No fewer than 23 world records have been broken in three years by elite athletes who Jenkins has trained, contributing to numerous PhD theses which have documented the latest, cutting-edge performance techniques to the academic world. ‘We understand that elite athletes use hi-tech performance psychology to attain superior performance, and the same principles apply in business,’ he notes. Boxer Muhammad Ali, for one, had a mindset coach, Bundini Brown, who coined many of his most famous and intimidating lines, including the lengenday ‘float like a butterfly, sting like a bee.’

Nevertheless, it is Jenkins’ growing entrepreneurial client base — it reads like a Who’s Who of of global billionaire entrepreneurs, not to mention Sovereign Wealth Funds and investment managers — and their ever-louder praise of his work that is responsible for boosting the kudos of Oxford Place. The firm is hard at work in America, Europe, the UAE and Asia and, since the dislocation in the global financial markets in 2008, Oxford Place now finds itself supporting people in redefining their edge in the market and driving increased profitability in difficult market conditions.

‘The markets are traumatic experiences to be involved in,’ says Jenkins. ‘Whenever a human being experiences a trauma they develop a coping strategy to deal with that trauma, and coping strategies usually become unconscious decisions that people make about the nature of the market. Most people trading or investing in the market, whether they’re short or long, have made an unconscious decision that they’re operating from which is usually impeding their professional performance.’

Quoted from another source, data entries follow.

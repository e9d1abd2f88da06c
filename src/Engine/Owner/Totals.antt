-- ===== src/Engine/Owner/Totals.antt =====
-- crates/nzbd-engine/src/owner.rs: the totals of every job stay the totals of its segments.
use nzbd.Prelude.{
  ℕ, ◌≡◌, refl, sym, ◌∙◌, ap, subst, inl, inr, Bool, true, List, [], ◌∷◌, All, map, Bool-cases,
  ◌==◌,
}
use nzbd.Prelude.Maps.{update_first, All-update_first}
use nzbd.Types.Job.{
  JobId, FileId, Job, JobTotals, FileEntry, Segment, SegmentState, pending, leased, done,
}
use nzbd.Engine.Queue.{QueueState}
use nzbd.Engine.Queue.Scan.{SegRef}
use nzbd.Engine.Queue.Lookup.{with_job, with_file, with_segment, in_file, in_segment}
use nzbd.Engine.Queue.Totals.{no_totals, add_segment, add_segments, add_files, recompute_job_totals}
use nzbd.Engine.Owner.{Owner, World}
use nzbd.Engine.Owner.Outcomes.{set_segment, release}
use nzbd.Engine.Owner.Upkeep.{Turn, run}
use nzbd.Engine.Owner.Stable.{Stable, KeepsFile, KeepsJob, failed_at}
use nzbd.Engine.Owner.Stable.Turns.{grants_nothing, reports_stable}
use nzbd.Engine.Owner.Announce.{end_job-state}

-- The totals that the job carries are those that a count of its segments gives.
abbrev pub Counted : Job → Type 0
Counted j = add_files no_totals j.files ≡ j.totals

abbrev pub EveryCounted : QueueState → Type 0
EveryCounted q = All Counted q.jobs

module _ {A : Type 0} (P : A → Type 0) (p : A → Bool) where
  -- What a repair of the first element gives, it gives after the element is changed again.
  repaired_again :
      (g fix : A → A) (l : List A)
      → ((x : A) → P (fix x))
      → ((x : A) → p (g x) ≡ p x)
      → All P (update_first p fix l)
      → All P (update_first p fix (update_first p g l))
  repaired_again g fix [] k same h = tt
  repaired_again g fix (x ∷ l) k same h = elim (Bool-cases (p x)) [
    | inl t ↦
        let h' : All P (fix x ∷ l) = rw t at h in
        let t' : p (g x) ≡ true = same x ∙ t in rw t (rw t' (k (g x), h'.1))
    | inr f ↦
        let h' : All P (x ∷ update_first p fix l) = rw f at h in
        rw f (rw f (h'.0, repaired_again g fix l k same h'.1))
  ]

recompute_job_totals-Counted : (j : Job) → Counted (recompute_job_totals j)
unfolding recompute_job_totals
recompute_job_totals-Counted j = refl

release_uncounted :
    (par : Bool) (t : JobTotals) (s : Segment) → add_segment par t (release s) ≡ add_segment par t s
unfolding add_segment
release_uncounted par t s = from s.state
  where
    from :
        (st : SegmentState)
        → add_segment par t (release (set_segment st s)) ≡ add_segment par t (set_segment st s)
    from pending = refl
    from (leased k) = refl
    from (done o l c) = refl
    from SegmentState.failed = refl

release_uncounted_in :
    (n : ℕ) (par : Bool) (t : JobTotals) (l : List Segment)
    → add_segments par t (update_first (λ s. s.number == n) release l) ≡ add_segments par t l
unfolding add_segments
release_uncounted_in n par t [] = refl
release_uncounted_in n par t (s ∷ l) = elim (Bool-cases (s.number == n)) [
  | inl h ↦ rw h (ap (λ u. add_segments par u l) (release_uncounted par t s))
  | inr f ↦ rw f (release_uncounted_in n par (add_segment par t s) l)
]

-- A change of one file that changes no count.
files_uncounted :
    (f : FileId) (g : FileEntry → FileEntry) (t : JobTotals) (l : List FileEntry)
    → ((x : FileEntry) (u : JobTotals)
        → add_segments (g x).is_par2 u (g x).segments ≡ add_segments x.is_par2 u x.segments)
    → add_files t (update_first (λ x. x.id == f) g l) ≡ add_files t l
unfolding add_files
files_uncounted f g t [] k = refl
files_uncounted f g t (x ∷ l) k = elim (Bool-cases (x.id == f)) [
  | inl h ↦ rw h (ap (λ u. add_files u l) (k x t))
  | inr n ↦ rw n (files_uncounted f g (add_segments x.is_par2 t x.segments) l k)
]

file_kept-EveryCounted :
    (q : QueueState) (id : JobId) (f : FileId) (g : FileEntry → FileEntry)
    → KeepsFile g
    → EveryCounted q
    → EveryCounted (with_file id f g q)
file_kept-EveryCounted q id f g k h =
    All-update_first Counted _ (in_file f g) q.jobs
      (λ j e.
        files_uncounted f g no_totals j.files (λ x u. rw (k.is_par2 x) (rw (k.segments x) refl))
        ∙ e)
      h

job_kept-EveryCounted :
    (q : QueueState) (id : JobId) (g : Job → Job)
    → KeepsJob g
    → EveryCounted q
    → EveryCounted (with_job id g q)
job_kept-EveryCounted q id g k h =
    All-update_first Counted _ g q.jobs
      (λ j e. ap (add_files no_totals) (k.files j) ∙ e ∙ sym (k.totals j)) h

each_kept-EveryCounted :
    (l : List Job) (g : Job → Job) → KeepsJob g → All Counted l → All Counted (map g l)
each_kept-EveryCounted [] g k h = tt
each_kept-EveryCounted (j ∷ l) g k h = (
  ap (add_files no_totals) (k.files j) ∙ h.0 ∙ sym (k.totals j),
  each_kept-EveryCounted l g k h.1,
)

released-EveryCounted :
    (q : QueueState) (r : SegRef) → EveryCounted q → EveryCounted (with_segment r release q)
released-EveryCounted q r h =
    All-update_first Counted _ (in_file r.file (in_segment r.seg_number release)) q.jobs
      (λ j e.
        files_uncounted r.file _ no_totals j.files
          (λ x u. release_uncounted_in r.seg_number x.is_par2 u x.segments)
        ∙ e)
      h

-- The counts are right once the job is counted again.
abbrev Recounted : JobId → QueueState → Type 0
Recounted id q = EveryCounted (with_job id recompute_job_totals q)

EveryCounted→Recounted : (id : JobId) (q : QueueState) → EveryCounted q → Recounted id q
EveryCounted→Recounted id q h =
    All-update_first Counted _ recompute_job_totals q.jobs (λ j e. recompute_job_totals-Counted j) h

segment_set-Recounted :
    (q : QueueState) (r : SegRef) (st : SegmentState)
    → Recounted r.job q
    → Recounted r.job (with_segment r (set_segment st) q)
segment_set-Recounted q r st h =
    repaired_again Counted _ (in_file r.file (in_segment r.seg_number (set_segment st)))
      recompute_job_totals q.jobs recompute_job_totals-Counted (λ x. refl) h

failed_at-Recounted :
    (id : JobId) (f : FileId) (ns : List ℕ) (q : QueueState)
    → Recounted id q
    → Recounted id (failed_at id f ns q)
failed_at-Recounted id f [] q h = h
failed_at-Recounted id f (n ∷ rest) q h =
    failed_at-Recounted id f rest _ (
      segment_set-Recounted q (record { job = id; file = f; seg_number = n }) SegmentState.failed h)

counted : Stable (λ q l. EveryCounted q) (λ j fs. Unit {0})
counted = record {
  noted = λ q l e t h. h;
  ended = λ w id j o e h. subst EveryCounted (sym (end_job-state w id j o)) (
      job_kept-EveryCounted o.state id _
        (record { id = λ x. refl; files = λ x. refl; totals = λ x. refl }) h);
  file_kept = λ q l id f g k h. file_kept-EveryCounted q id f g k h;
  job_kept = λ q l id g k h. job_kept-EveryCounted q id g k h;
  each_kept = λ q l g k h. each_kept-EveryCounted q.jobs g k h;
  released = λ q l r h. released-EveryCounted q r h;
  settled = λ q l r st s e n h. segment_set-Recounted q r st (EveryCounted→Recounted r.job q h);
  start = λ q l id j e h. tt;
  aborted = λ q l id f ns rest safe h.
      (failed_at-Recounted id f ns q (EveryCounted→Recounted id q h), tt);
}

-- Where the totals of every job are those that a count of its segments gives, they still are after
-- any turns of the owner other than requests for work, whatever the world answers: parts written or
-- failed, files finalized or lost, names learned, servers blocked, a full disk, and the work of the
-- startup and of the ticks.
pub totals_stay_counted :
    (ts : List (World × Turn)) (o : Owner)
    → All (λ (e : World × Turn). grants_nothing e.1 ≡ true) ts
    → EveryCounted o.state
    → EveryCounted (run ts o).state
totals_stay_counted ts o a h =
    reports_stable (λ q l. EveryCounted q) (λ j fs. Unit {0}) counted ts o a h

But again, this is easily fixed. ‘We help people to get a very clear understanding of what their edge is, what their areas of certainty or uncertainty are. We help people look at their emotional style, where they react to circumstances in the market, and their cognitive style, how they arrived at their decisions. We help people organise their minds efficiently for superior performance.’
 
 
‘MARTIN JENKINS IS one of the leading thinkers in performance psychology today and has a track record that is unrivalled across a range of human endeavours,’ says Dr Jo Cook of Cambridge University. ‘His work with super-successful entrepreneurs stands out from an academic perspective, not least because dealing with tricky, powerful, successful individuals is in itself both an art form and a science.’

An art form indeed. Jenkins has an extraordinary gift of making the complex very simple, going so far as speaking about ‘painting a masterpiece with one’s attention’. Thanks to him, sharp-minded financiers over time enjoy vastly healthier returns on the hours they put in at work. How far we’ve come from the days, a hundred years ago, when Freud first posited our being ‘a puppet in the hands of our unconscious’.